As you look over the data below, please find each line where the word "Server" appears, then copy it.

(Saved entries)
-=-=-

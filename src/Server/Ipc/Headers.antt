-- ===== src/Server/Ipc/Headers.antt =====
-- What a write at a position does to the bytes and the words of a file.
use k230_lr2021_radio.Prelude.{
  ℕ, ◌+◌, ◌-◌, ◌≡◌, ◌≤◌, ◌<◌, ◌⊎◌, ◌∙◌, ap, ap₂, List, arith, get_or, join32, join32-bytes,
}
use k230_lr2021_radio.Server.Parser.{Bytes, word_at}
use k230_lr2021_radio.Server.Ipc.{write_word, write_bytes}

pub word_at-ext :
    (f g : Bytes) (i : ℕ) → ((k : ℕ) → k < 4 → f (i + k) ≡ g (i + k)) → word_at f i ≡ word_at g i
word_at-ext f g i e =
    let same : f i ≡ g i =
      ap f {x = i} {y = i + 0} (omega arith)
      ∙ e 0 (omega arith)
      ∙ ap g {x = i + 0} {y = i} (omega arith) in
    ap₂ (λ x y. join32 x y (f (i + 2)) (f (i + 3))) same (e 1 (omega arith))
    ∙ ap₂ (join32 (g i) (g (i + 1))) (e 2 (omega arith)) (e 3 (omega arith))

pub write_word_outside :
    (p w : ℕ) (f : Bytes) (j : ℕ) → (j < p) ⊎ (p + 4 ≤ j) → write_word p w f j ≡ f j
unfolding write_word
write_word_outside p w f j out = ground arith

pub word_at-write_word : (p w : ℕ) (f : Bytes) → w < 4294967296 → word_at (write_word p w f) p ≡ w
unfolding write_word
word_at-write_word p w f h = ground (arith, join32-bytes w h)

pub write_bytes_inside :
    (p : ℕ) (buf : List ℕ) (start n : ℕ) (f : Bytes) (k : ℕ)
    → k < n
    → write_bytes p buf start n f (p + k) ≡ get_or buf (start + k) 0
unfolding write_bytes
write_bytes_inside p buf start n f k h = let e : p + k - p ≡ k = omega arith in ground (arith, e)

pub write_bytes_outside :
    (p : ℕ) (buf : List ℕ) (start n : ℕ) (f : Bytes) (j : ℕ)
    → (j < p) ⊎ (p + n ≤ j)
    → write_bytes p buf start n f j ≡ f j
unfolding write_bytes
write_bytes_outside p buf start n f j out = ground arith

-- A write of a buffer from its first byte on.
pub write_bytes_front :
    (p : ℕ) (buf : List ℕ) (n : ℕ) (f : Bytes) (k : ℕ)
    → k < n
    → write_bytes p buf 0 n f (p + k) ≡ get_or buf k 0
write_bytes_front p buf n f k h =
    write_bytes_inside p buf 0 n f k h ∙ ap (λ i. get_or buf i 0) {x = 0 + k} {y = k} (omega arith)
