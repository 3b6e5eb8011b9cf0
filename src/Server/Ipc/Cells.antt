-- ===== src/Server/Ipc/Cells.antt =====
-- Runs of a function's values, as lists.
use k230_lr2021_radio.Prelude.{
  ℕ, zero, suc, ◌+◌, ◌-◌, ◌≡◌, ◌≤◌, ◌<◌, ◌∙◌, refl, ap, ap₂, List, [], ◌∷◌, ◌++◌, arith, length,
  get_or, drop, take,
}
use k230_lr2021_radio.Server.Parser.{Bytes, slice}

-- The values at `t`, `t + 1`, ..., `n` of them.
abbrev pub run : Bytes → ℕ → ℕ → List ℕ
run g t zero = []
run g t (suc n) = g t ∷ run g (t + 1) n

pub length-run : (g : Bytes) (t n : ℕ) → length (run g t n) ≡ n
length-run g t zero = refl
length-run g t (suc n) = ap suc (length-run g (t + 1) n)

-- Functions that agree have the same runs.
pub run-ext :
    (g h : Bytes) (s t n : ℕ) → ((k : ℕ) → k < n → g (s + k) ≡ h (t + k)) → run g s n ≡ run h t n
run-ext g h s t zero e = refl
run-ext g h s t (suc n) e =
    ap₂ ◌∷◌
      (ap g {x = s} {y = s + 0} (omega arith)
        ∙ e 0 (omega arith)
        ∙ ap h {x = t + 0} {y = t} (omega arith))
      (run-ext g h (s + 1) (t + 1) n (λ k p.
        ap g {x = s + 1 + k} {y = s + (k + 1)} (omega arith)
        ∙ e (k + 1) (omega arith)
        ∙ ap h {x = t + (k + 1)} {y = t + 1 + k} (omega arith)))

pub run-get_or :
    (g : Bytes) (t : ℕ) (buf : List ℕ)
    → ((k : ℕ) → k < length buf → g (t + k) ≡ get_or buf k 0)
    → run g t (length buf) ≡ buf
run-get_or g t [] e = refl
run-get_or g t (x ∷ buf) e = ap₂ ◌∷◌ (ap g {x = t} {y = t + 0} (omega arith) ∙ e 0 (omega arith)) (
    run-get_or g (t + 1) buf
      (λ k p. ap g {x = t + 1 + k} {y = t + suc k} (omega arith) ∙ e (suc k) (omega arith)))

pub run-append : (g : Bytes) (t m n : ℕ) → run g t m ++ run g (t + m) n ≡ run g t (m + n)
run-append g t zero n =
    ap (λ s. run g s n) {x = t + 0} {y = t} (omega arith)
    ∙ ap (run g t) {x = n} {y = 0 + n} (omega arith)
run-append g t (suc m) n =
    ap (◌∷◌ (g t)) (
      ap (λ s. run g (t + 1) m ++ run g s n) {x = t + suc m} {y = t + 1 + m} (omega arith)
      ∙ run-append g (t + 1) m n)
    ∙ ap (run g t) {x = suc (m + n)} {y = suc m + n} (omega arith)

pub drop-run : (g : Bytes) (t m n : ℕ) → drop m (run g t n) ≡ run g (t + m) (n - m)
drop-run g t zero n = ap₂ (run g) (omega arith) (omega arith)
drop-run g t (suc m) zero = ap (run g (t + suc m)) {x = 0} {y = 0 - suc m} (omega arith)
drop-run g t (suc m) (suc n) = drop-run g (t + 1) m n ∙ ap₂ (run g) (omega arith) (omega arith)

pub take-run : (g : Bytes) (t m n : ℕ) → m ≤ n → take m (run g t n) ≡ run g t m
take-run g t zero n h = refl
take-run g t (suc m) zero h = absurd (omega arith)
take-run g t (suc m) (suc n) h = ap (◌∷◌ (g t)) (take-run g (t + 1) m n (omega arith))

pub slice-run : (g : Bytes) (i n : ℕ) → slice g i n ≡ run g i n
slice-run g i zero = refl
slice-run g i (suc n) = ap (◌∷◌ (g i)) (slice-run g (i + 1) n)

-=-=-

### [Task output]
filename src/Server/Ipc/Headers.antt
-- ===== src/Server/Ipc/Headers.antt =====
use k230_lr2021_radio.Server.Parser.{Bytes, word_at}
use k230_lr2021_radio.Server.Ipc.{write_word, write_bytes}
filename src/Server/Ipc/Cells.antt
-- ===== src/Server/Ipc/Cells.antt =====
use k230_lr2021_radio.Server.Parser.{Bytes, slice}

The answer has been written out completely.